**What needs to be done:**
Your answer is a copy of every line in the records where "Handles" appears.

**Data provided:**
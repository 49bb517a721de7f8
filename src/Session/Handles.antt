-- ===== src/Session/Handles.antt =====
-- Accounting of what Windows hands out: for each way to build an effect of session_windows.go, what it
-- holds when it starts, and what its caller holds when it has succeeded. One that fails leaves
-- nothing open.
pub mod Rules
use winsvr.Base.{
  ℕ, Bool, true, false, ◌+◌, ◌≡◌, ◌&&◌, ◌==◌, if◌then◌else◌, arith, List, [], ◌∷◌, ◌++◌,
}
use winsvr.Go.Error.{Error, Result, ok, err}
use winsvr.Go.World.{
  World, next, Event, Kind, of_token, of_block, of_job, of_process, of_thread, of_list, Resource,
  acquired, released, terminated,
}
use winsvr.Go.Exec.{Exec}
use winsvr.Go.Os.{emit}

abbrev kind_number : Kind → ℕ
kind_number of_token = 0
kind_number of_block = 1
kind_number of_job = 2
kind_number of_process = 3
kind_number of_thread = 4
kind_number of_list = 5

-- 1 for the same resource, 0 for another.
unfoldable pub same : Resource → Resource → ℕ
same r h = if kind_number r.kind == kind_number h.kind && r.value == h.value then 1 else 0

-- How often `h` was handed out, and how often it was given back.
unfoldable pub times_acquired : Resource → List Event → ℕ
times_acquired h [] = 0
times_acquired h (acquired r ∷ es) = same r h + times_acquired h es
times_acquired h (_ ∷ es) = times_acquired h es

unfoldable pub times_released : Resource → List Event → ℕ
times_released h [] = 0
times_released h (released r ∷ es) = same r h + times_released h es
times_released h (_ ∷ es) = times_released h es

-- How often `h` is among the resources of a list.
abbrev pub times_held : Resource → List Resource → ℕ
times_held h [] = 0
times_held h (r ∷ rs) = same r h + times_held h rs

pub times_held-append :
    (h : Resource) (xs ys : List Resource)
    → times_held h (xs ++ ys) ≡ times_held h xs + times_held h ys
times_held-append h [] ys = omega arith
times_held-append h (x ∷ xs) ys = omega (arith, times_held-append h xs ys)

times_acquired-append :
    (h : Resource) (xs ys : List Event)
    → times_acquired h (xs ++ ys) ≡ times_acquired h xs + times_acquired h ys
unfolding times_acquired
times_acquired-append h [] ys = omega arith
times_acquired-append h (x ∷ xs) ys = ground (arith, times_acquired-append h xs ys)

times_released-append :
    (h : Resource) (xs ys : List Event)
    → times_released h (xs ++ ys) ≡ times_released h xs + times_released h ys
unfolding times_released
times_released-append h [] ys = omega arith
times_released-append h (x ∷ xs) ys = ground (arith, times_released-append h xs ys)

abbrev pub owned : {A : Type 0} → (A → List Resource) → Result A → List Resource
owned f (ok a) = f a
owned f (err e) = []

-- From `w` to `w'` the resources `hs` were given back, and the resources `gs` taken out.
abbrev pub Trades : List Resource → List Resource → World → World → Type 0
Trades hs gs w w' =
    (h : Resource)
    → times_acquired h w'.events + times_released h w.events + times_held h hs
      ≡ times_acquired h w.events + times_released h w'.events + times_held h gs

-- An effect that starts with `hs` open, and leaves to its caller what `f` says of its result.
abbrev pub Keeps : {A : Type 0} → List Resource → (A → List Resource) → Exec A → Type 0
Keeps hs f m = (w : World) → Trades hs (owned f (m w).0) w (m w).1

abbrev pub nothing : {A : Type 0} → A → List Resource
nothing a = []

pub Trades-next : (w : World) → Trades [] [] w (next w)
unfolding next
Trades-next w h = omega arith

pub Trades-acquire : (r : Resource) (w : World) → Trades [] (r ∷ []) w (next (emit (acquired r) w))
unfolding next emit times_acquired times_released
Trades-acquire r w h = omega (
  arith,
  times_acquired-append h w.events (acquired r ∷ []),
  times_released-append h w.events (acquired r ∷ []),
)

pub Trades-terminate : (r : Resource) (w : World) → Trades [] [] w (next (emit (terminated r) w))
unfolding next emit times_acquired times_released
Trades-terminate r w h = omega (
  arith,
  times_acquired-append h w.events (terminated r ∷ []),
  times_released-append h w.events (terminated r ∷ []),
)

pub Trades-release : (r : Resource) (w : World) → Trades (r ∷ []) [] w (next (emit (released r) w))
unfolding next emit times_acquired times_released
Trades-release r w h = omega (
  arith,
  times_acquired-append h w.events (released r ∷ []),
  times_released-append h w.events (released r ∷ []),
)

pub Trades-acquire_two :
    (p t : Resource) (w : World)
    → Trades [] (p ∷ t ∷ []) w (next (emit (acquired t) (next (emit (acquired p) w))))
Trades-acquire_two p t w h =
    omega (arith, Trades-acquire p w h, Trades-acquire t (next (emit (acquired p) w)) h)

-- Two steps after one another, and an event that is neither a taking out nor a giving back.
pub Trades-trans : (w1 w2 w3 : World) → Trades [] [] w1 w2 → Trades [] [] w2 w3 → Trades [] [] w1 w3
Trades-trans w1 w2 w3 s t h = omega (arith, s h, t h)

-- Whether the event is neither.
unfoldable pub is_quiet : Event → Bool
is_quiet (acquired r) = false
is_quiet (released r) = false
is_quiet _ = true

pub Trades-emit : (e : Event) (w : World) → is_quiet e ≡ true → Trades [] [] w (emit e w)
unfolding emit times_acquired times_released is_quiet
Trades-emit e w q h =
    ground (
      arith,
      q,
      times_acquired-append h w.events (e ∷ []),
      times_released-append h w.events (e ∷ []),
    )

**Finished exercise:**
filename src/Session/Handles.antt
-- ===== src/Session/Handles.antt =====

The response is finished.